8. Example Walkthroughs

Input
```
def add(x y) x + y*2
```
- Prototype: add(x,y)
- Body: x + (y*2)
- AST shape: FunctionAST(Proto("add",[x,y]), BinaryExprAST('+',Var(x),BinaryExprAST('*',Var(y),Num(2))))
Input
```
extern sin(a)
```
- AST: PrototypeAST("sin",[a])
Input
```
add(3,4)
```
- AST: CallExprAST("add",[Num(3),Num(4)])
Input
```
(1+2)*3
```
- AST: BinaryExprAST('*', BinaryExprAST('+',Num(1),Num(2)), Num(3))

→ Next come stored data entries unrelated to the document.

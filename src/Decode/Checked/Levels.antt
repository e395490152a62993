-- ===== src/Decode/Checked/Levels.antt =====
-- A delta that was built from a message has levels with decimal prices above zero.
use market_data_backend.Prelude.{
  ℕ, ◌+◌, String, Bool, true, false, not, ◌&&◌, List, [], ◌∷◌, Option, none, some, Result, ok, ◌>>◌,
  guard, arith, ◌≡◌, refl, subst, All, is_some,
}
use market_data_backend.Prelude.Text.{trim_space}
use market_data_backend.Numeric.{BigFloat, parse_price}
use market_data_backend.Model.{PriceLevel, OrderBookDelta, GroupInput}
use market_data_backend.Input.Types.{Message}
use market_data_backend.Decode.Decimal.{
  is_above_zero, matches_decimal, valid_positive_numeric, valid_non_negative_numeric,
}
use market_data_backend.Decode.Book.{
  OrderBookDeltaMessage, is_nil, in_order, check_cursor, check_cursors, level_error, check_levels,
  validate_price_levels, validate_delta, to_order_book_delta, build_order_book_delta,
}
use market_data_backend.Decode.Checked.Guards.{
  check_passed, guard_held, guard_passed, bind_passed, both_true, ok-injective,
}

module _ (big : BigFloat) where
  open big use {Float, parse_float, leb_float, zero_float}

  -- The text is a number above zero.
  abbrev pub IsPositive : String → Type 0
  IsPositive s = (v : Float) × (parse_price big s ≡ some v) × (leb_float v zero_float ≡ false)

  above_zero :
      (o : Option Float)
      → is_above_zero big o ≡ true
      → (v : Float) × (o ≡ some v) × (leb_float v zero_float ≡ false)
  above_zero none h = absurd (cc h)
  above_zero (some v) h = (v, refl, ground arith)

  pub valid_positive_numeric-IsPositive :
      (s : String) → valid_positive_numeric big s ≡ true → IsPositive s
  unfolding valid_positive_numeric parse_price
  valid_positive_numeric-IsPositive s h =
      above_zero (parse_float (trim_space s))
        (both_true (matches_decimal (trim_space s)) (is_above_zero big (parse_float (trim_space s)))
          h).1

  -- A level of a message: its price is a number above zero, its quantity a number of zero or more.
  abbrev pub IsLevel : PriceLevel → Type 0
  IsLevel level = IsPositive level.price × (valid_non_negative_numeric big level.quantity ≡ true)

  check_levels-All :
      (side : String) (i : ℕ) (levels : List PriceLevel)
      → check_levels big side i levels ≡ ok tt
      → All IsLevel levels
  unfolding check_levels
  check_levels-All side i [] h = tt
  check_levels-All side i (level ∷ levels) h =
      let rest = check_levels big side (i + 1) levels in
      let quantity = valid_non_negative_numeric big level.quantity in
      let amount = guard quantity (level_error side i "quantity" level.quantity) >> rest in
      let p =
        guard_passed (valid_positive_numeric big level.price)
          (level_error side i "price" level.price) amount tt h in
      let q = guard_passed quantity (level_error side i "quantity" level.quantity) rest tt p.1 in
      (
        (valid_positive_numeric-IsPositive level.price p.0, q.0),
        check_levels-All side (i + 1) levels q.1,
      )

  -- A delta as the order book wants it.
  pub record IsDelta (in_ : GroupInput) (msg : Message) (d : OrderBookDelta) : Type 0 where
    pub bid_levels : All IsLevel d.bids
    pub ask_levels : All IsLevel d.asks
    pub not_empty : (is_nil d.bids && is_nil d.asks) ≡ false
    pub in_range : in_order d.first_update_id d.last_update_id ≡ true
    pub own_group : d.group_id ≡ in_.group_id
    pub at_offset : (d.kafka_partition ≡ msg.partition) × (d.kafka_offset ≡ msg.offset)

  -- What the checks of `validate` grant.
  record IsSound (dm : OrderBookDeltaMessage) : Type 0 where
    bid_levels : All IsLevel dm.bids
    ask_levels : All IsLevel dm.asks
    not_empty : (is_nil dm.bids && is_nil dm.asks) ≡ false
    in_range : in_order dm.first_update_id dm.last_update_id ≡ true

  is_false : (b : Bool) → not b ≡ true → b ≡ false
  is_false b h = ground arith

  check_cursors-in_range :
      (dm : OrderBookDeltaMessage)
      → check_cursors dm ≡ ok tt
      → in_order dm.first_update_id dm.last_update_id ≡ true
  unfolding check_cursors
  check_cursors-in_range dm h =
      let first = check_passed (check_cursor "first_update_id" dm.first_update_id) _ tt h in
      let last = check_passed (check_cursor "last_update_id" dm.last_update_id) _ tt first.1 in
      let prev = check_passed (check_cursor "prev_update_id" dm.prev_update_id) _ tt last.1 in
      let seq = check_passed (check_cursor "sequence" dm.sequence) _ tt prev.1 in
      guard_held (in_order dm.first_update_id dm.last_update_id) _ seq.1

  validate_delta-IsSound : (dm : OrderBookDeltaMessage) → validate_delta big dm ≡ ok tt → IsSound dm
  unfolding validate_delta validate_price_levels
  validate_delta-IsSound dm h =
      let timed = guard_passed (is_some dm.event_time) _ _ tt h in
      let cursors = check_passed (check_cursors dm) _ tt timed.1 in
      let filled = guard_passed (not (is_nil dm.bids && is_nil dm.asks)) _ _ tt cursors.1 in
      let sides = check_passed (check_levels big "bids" 0 dm.bids) _ tt filled.1 in
      record {
        bid_levels = check_levels-All "bids" 0 dm.bids sides.0;
        ask_levels = check_levels-All "asks" 0 dm.asks sides.1;
        not_empty = is_false (is_nil dm.bids && is_nil dm.asks) filled.0;
        in_range = check_cursors-in_range dm cursors.0;
      }

  built :
      (dm : OrderBookDeltaMessage) (in_ : GroupInput) (msg : Message)
      → IsSound dm
      → IsDelta in_ msg (to_order_book_delta dm in_ msg)
  unfolding to_order_book_delta
  built dm in_ msg sound = record {
    bid_levels = sound.bid_levels;
    ask_levels = sound.ask_levels;
    not_empty = sound.not_empty;
    in_range = sound.in_range;
    own_group = refl;
    at_offset = (refl, refl);
  }

  -- A delta that is built from a message, whatever the JSON decoder makes of its bytes, has on both
  -- sides only levels with a price above zero and a quantity of zero or more, has at least one
  -- level, update ids in order, the group of its input and the coordinates of its message.
  pub build_order_book_delta-IsDelta :
      (decode : List ℕ → Result String OrderBookDeltaMessage) (in_ : GroupInput) (msg : Message)
      (d : OrderBookDelta)
      → build_order_book_delta big decode in_ msg ≡ ok d
      → IsDelta in_ msg d
  unfolding build_order_book_delta
  build_order_book_delta-IsDelta decode in_ msg d h =
      let read = bind_passed (decode msg.value) _ d h in
      let valid = check_passed (validate_delta big read.0) _ d read.2 in
      subst (IsDelta in_ msg) (ok-injective valid.1)
        (built read.0 in_ msg (validate_delta-IsSound read.0 valid.0))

These examples demonstrate how ASTs cleanly capture intended precedence and structure.

9. Common Pitfalls

Forgetting to advance with getNextToken() → parser stalls.
Not validating closing ) → parenexpr fails.
Misclassifying identifiers without peeking '('.
Missing operator precedence entry → operators parsed incorrectly.
Failing to consume a token after error → REPL loop stuck.

10. Why this design works

This design is simple yet powerful:

Each AST node is minimal and maps directly to codegen in the next chapter.
Recursive descent mirrors the grammar directly, making it easy to extend.
Precedence climbing handles all binary operators with one function.
The driver loop provides an interactive, incremental environment.

Summary

Chapter 2 introduces parsing and AST construction.
It defines a grammar, builds node classes, writes parsing functions for each construct, implements operator precedence, and ties it together in a REPL.

With this, Kaleidoscope can now parse definitions, externs, and expressions into structured ASTs, paving the way for LLVM IR code generation in Chapter 3.